2020年の春闘は、世界的な景気減速に伴う国内景気の低下に加え、新型コロナウイルス感染症の拡大という"緊急"要因が重なり、多くの企業で昨年を下回る回答が続出した。また、業界ごとに同一水準の賃上げを実現してきた「横並び春闘」がさらに崩れ、戦後日本を支えてきた労使慣行の終焉を強く感じさせる結果となった。(報道局)
連合が13日発表した第1回回答集計によると、平均賃上げ額(加重平均)は5841円(前年同期比1.91%増)となり、昨年を812円(同0.25ポイント)下回った。賃上げ率は14年から6年連続で2%台を維持してきたが、今年は達成できるかどうか微妙な情勢だ。
企業規模別では、組合員300人未満の中小企業は5255円(同2.05%増)とかろうじて2%台を維持。有期雇用などの非正規労働者は時給ベースで30.49円(同2.95円増、加重平均)、月給ベースで5710円(同1089円増)の引き上げとなり、時給ベースが30円アップとなったのは15年以降初めて。4月から大企業で施行される同一労働同一賃金をにらんだ回答とみられる。
こうした結果について、13日に記者会見した神津里季生会長=写真・中央=は「組合要求との隔たりはあるものの、おおむね、ここ数年の賃上げの流れを引き継いだもの」と成果を強調。経団連の中西宏明会長も「各企業労使が自社の実情に応じて協議を重ねた結果。ベースアップ(ベア)の実施や高水準の賞与・一時金の支給などの回答が多くみられたことは、率直に評価したい」とコメントした。
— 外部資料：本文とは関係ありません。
-- ===== src/Spinlock/Steps.antt =====
-- The steps of acquire and release against the owner of the lock.
use mathlib.Core.Path.{subst}
use operating_system_assignm.Prelude.{
  ℕ, ◌≡◌, ◌≢◌, refl, sym, ap, ◌∙◌, arith, true, false, Option, none, some, ℕ_discrete, update,
  update_here, update_there, update_same, ==-eq, ==-ne, List, [], ◌∷◌,
}
use operating_system_assignm.Spinlock.{
  pushcli, Phase, outside, spinning, won, inside, leaving, Machine, go, step_at, step, run,
}
use operating_system_assignm.Spinlock.Nesting.{pushcli-IsOff, pushcli_lem}
use operating_system_assignm.Spinlock.Owner.{
  has_lock, is_inside, Owner, nobody, one, IsOwned, acquire_begin_lem, release_begin_lem,
  popcli-IsOff, Same-IsOff, inside-has_lock, Owner-stays, owner_alone, IsOff-go, depth_go,
}

-- A step that succeeds and keeps the invariant.
abbrev Goes : Option Machine → Type 0
Goes out = (s' : Machine) × (out ≡ some s') × IsOwned s'

module _ (i : ℕ) (s : Machine) (own : IsOwned s) where
  outside-Goes : s.phase i ≡ outside → Goes (step_at outside i s)
  unfolding step_at
  outside-Goes here =
      let (c, e, same) =
        acquire_begin_lem i s.lock (s.cpus i) (own.recorded i ∙ ap is_inside here) in
      (
        go i spinning s.lock c s,
        rw (step_at, e) refl,
        record {
          owner = Owner-stays i s own spinning (sym (ap has_lock here));
          recorded = λ j.
              own.recorded j
              ∙ sym (update_same is_inside s.phase i spinning (sym (ap is_inside here)) j);
          off =
              IsOff-go i s own c
                (Same-IsOff (pushcli (s.cpus i)) c (pushcli-IsOff (s.cpus i)) same);
          depth =
              depth_go i s own spinning c
                (λ away. rw (same.depth ∙ (pushcli_lem (s.cpus i)).0) (ground arith));
        },
      )

  -- A CPU in a call.
  deep : (p : Phase) → s.phase i ≡ p → p ≢ outside → (s.cpus i).ncli ≢ 0
  deep p here away = own.depth i (λ e. away (sym here ∙ e))

  -- The phases of the others, where `i` moves to a phase that is not `inside`.
  none_inside :
      ((j : ℕ) → j ≢ i → has_lock (s.phase j) ≡ false)
      → (p : Phase) → is_inside p ≡ false
      → (j : ℕ) → is_inside (update s.phase i p j) ≡ false
  none_inside others p out j = elim (ℕ_discrete i j) [
    | yes e ↦ ap is_inside (update_here s.phase i j p e) ∙ out
    | no ne ↦
        ap is_inside (update_there s.phase i j p ne)
        ∙ inside-has_lock (s.phase j) (others j (λ e. ne (sym e)))
  ]

  spinning-Goes : s.phase i ≡ spinning → Goes (step_at spinning i s)
  unfolding step_at
  spinning-Goes here = elim own.owner [
    | nobody free none_has ↦ (
      go i won (record s.lock { locked = true }) (s.cpus i) s,
      rw (step_at, free) refl,
      record {
        owner =
            one i refl (ap has_lock (update_here s.phase i i won refl))
              (λ j ne. ap has_lock (update_there s.phase i j won (λ e. ne (sym e))) ∙ none_has j);
        recorded = λ j.
            own.recorded j ∙ sym (update_same is_inside s.phase i won (sym (ap is_inside here)) j);
        off = IsOff-go i s own (s.cpus i) (own.off i);
        depth =
            depth_go i s own won (s.cpus i) (λ away. deep spinning here (λ e. ground (arith, e)));
      },
    )
    | one k taken has others ↦ (
      go i spinning (record s.lock { locked = true }) (s.cpus i) s,
      rw (step_at, taken) refl,
      record {
        owner =
            subst (λ l. Owner l (update s.phase i spinning)) taken
              (Owner-stays i s own spinning (sym (ap has_lock here)));
        recorded = λ j.
            own.recorded j
            ∙ sym (update_same is_inside s.phase i spinning (sym (ap is_inside here)) j);
        off = IsOff-go i s own (s.cpus i) (own.off i);
        depth = depth_go i s own spinning (s.cpus i) (λ away. deep spinning here away);
      },
    )
  ]

  won-Goes : s.phase i ≡ won → Goes (step_at won i s)
  unfolding step_at
  won-Goes here =
      let (taken, others) = owner_alone i s own (ap has_lock here) in
      (
        go i inside (record s.lock { cpu = some i }) (s.cpus i) s,
        refl,
        record {
          owner = Owner-stays i s own inside (sym (ap has_lock here));
          recorded = λ j. elim (ℕ_discrete i j) [
            | yes e ↦ ==-eq j i (sym e) ∙ sym (ap is_inside (update_here s.phase i j inside e))
            | no ne ↦
                ==-ne j i (λ e. ne (sym e))
                ∙ sym (
                    ap is_inside (update_there s.phase i j inside ne)
                    ∙ inside-has_lock (s.phase j) (others j (λ e. ne (sym e))))
          ];
          off = IsOff-go i s own (s.cpus i) (own.off i);
          depth =
              depth_go i s own inside (s.cpus i) (λ away. deep won here (λ e. ground (arith, e)));
        },
      )

  inside-Goes : s.phase i ≡ inside → Goes (step_at inside i s)
  unfolding step_at
  inside-Goes here =
      let (taken, others) = owner_alone i s own (ap has_lock here) in
      let (c, e, same) =
        release_begin_lem i s.lock (s.cpus i) (own.off i) taken
          (own.recorded i ∙ ap is_inside here) in
      (
        go i leaving (record s.lock { cpu = none }) c s,
        rw (step_at, e) refl,
        record {
          owner = Owner-stays i s own leaving (sym (ap has_lock here));
          recorded = λ j. sym (none_inside others leaving refl j);
          off = IsOff-go i s own c (Same-IsOff (s.cpus i) c (own.off i) same);
          depth =
              depth_go i s own leaving c
                (λ away. rw same.depth (deep inside here (λ e. ground (arith, e))));
        },
      )

  leaving-Goes : s.phase i ≡ leaving → Goes (step_at leaving i s)
  unfolding step_at
  leaving-Goes here =
      let (taken, others) = owner_alone i s own (ap has_lock here) in
      let (c, e, off') =
        popcli-IsOff (s.cpus i) (own.off i) (deep leaving here (λ e. ground (arith, e))) in
      (
        go i outside (record s.lock { locked = false }) c s,
        rw (step_at, e) refl,
        record {
          owner = nobody refl (λ j. elim (ℕ_discrete i j) [
            | yes e ↦ ap has_lock (update_here s.phase i j outside e)
            | no ne ↦ ap has_lock (update_there s.phase i j outside ne) ∙ others j (λ e. ne (sym e))
          ]);
          recorded = λ j.
              own.recorded j
              ∙ sym (update_same is_inside s.phase i outside (sym (ap is_inside here)) j);
          off = IsOff-go i s own c off';
          depth = depth_go i s own outside c (λ away. absurd (away refl));
        },
      )

step_at-Goes : (p : Phase) (i : ℕ) (s : Machine) → IsOwned s → s.phase i ≡ p → Goes (step_at p i s)
step_at-Goes outside i s own here = outside-Goes i s own here
step_at-Goes spinning i s own here = spinning-Goes i s own here
step_at-Goes won i s own here = won-Goes i s own here
step_at-Goes inside i s own here = inside-Goes i s own here
step_at-Goes leaving i s own here = leaving-Goes i s own here

pub step-IsOwned :
    (i : ℕ) (s : Machine) → IsOwned s → (s' : Machine) × (step i s ≡ some s') × IsOwned s'
unfolding step
step-IsOwned i s own = step_at-Goes (s.phase i) i s own refl

pub run-IsOwned :
    (order : List ℕ) (s : Machine)
    → IsOwned s
    → (s' : Machine) × (run order s ≡ some s') × IsOwned s'
unfolding run
run-IsOwned [] s own = (s, refl, own)
run-IsOwned (i ∷ rest) s own =
    let (s1, e1, own1) = step-IsOwned i s own in
    let (s2, e2, own2) = run-IsOwned rest s1 own1 in (s2, rw (run, e1) e2, own2)

-- Two CPUs are never both between `acquire` and `release`.
exclusive : (s : Machine) (i j : ℕ) → IsOwned s → s.phase i ≡ inside → s.phase j ≡ inside → i ≡ j
exclusive s i j own hi hj = elim (ℕ_discrete j i) [
  | yes e ↦ sym e
  | no ne ↦ absurd (ground (arith, (owner_alone i s own (ap has_lock hi)).1 j ne, ap has_lock hj))
]

-- From a state in order, however the steps of the CPUs in acquire and release interleave, none
-- of the steps panics, and in the state that they lead to no two CPUs are between acquire and
-- release.
pub run-exclusive :
    (order : List ℕ) (s : Machine)
    → IsOwned s
    → (s' : Machine) × (run order s ≡ some s')
      × ((i j : ℕ) → s'.phase i ≡ inside → s'.phase j ≡ inside → i ≡ j)
run-exclusive order s own =
    let (s', e, own') = run-IsOwned order s own in (s', e, λ i j. exclusive s' i j own')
しかし、現実は労使トップの評価とはかなり違う。その象徴が、ベアゼロ回答の企業が相次いだこと。春闘相場の主役だった自動車業界の場合、トヨタやマツダがベアゼロの総額回答で、日産やホンダはベアを含む総額回答だった。とりわけ、トヨタのベアゼロは7年ぶりで、一律賃上げが限界に来ていることを象徴しており、業界を超えて産業界全体に及ぼす影響は大きいとみられる。
自動車だけではない。電機業界は...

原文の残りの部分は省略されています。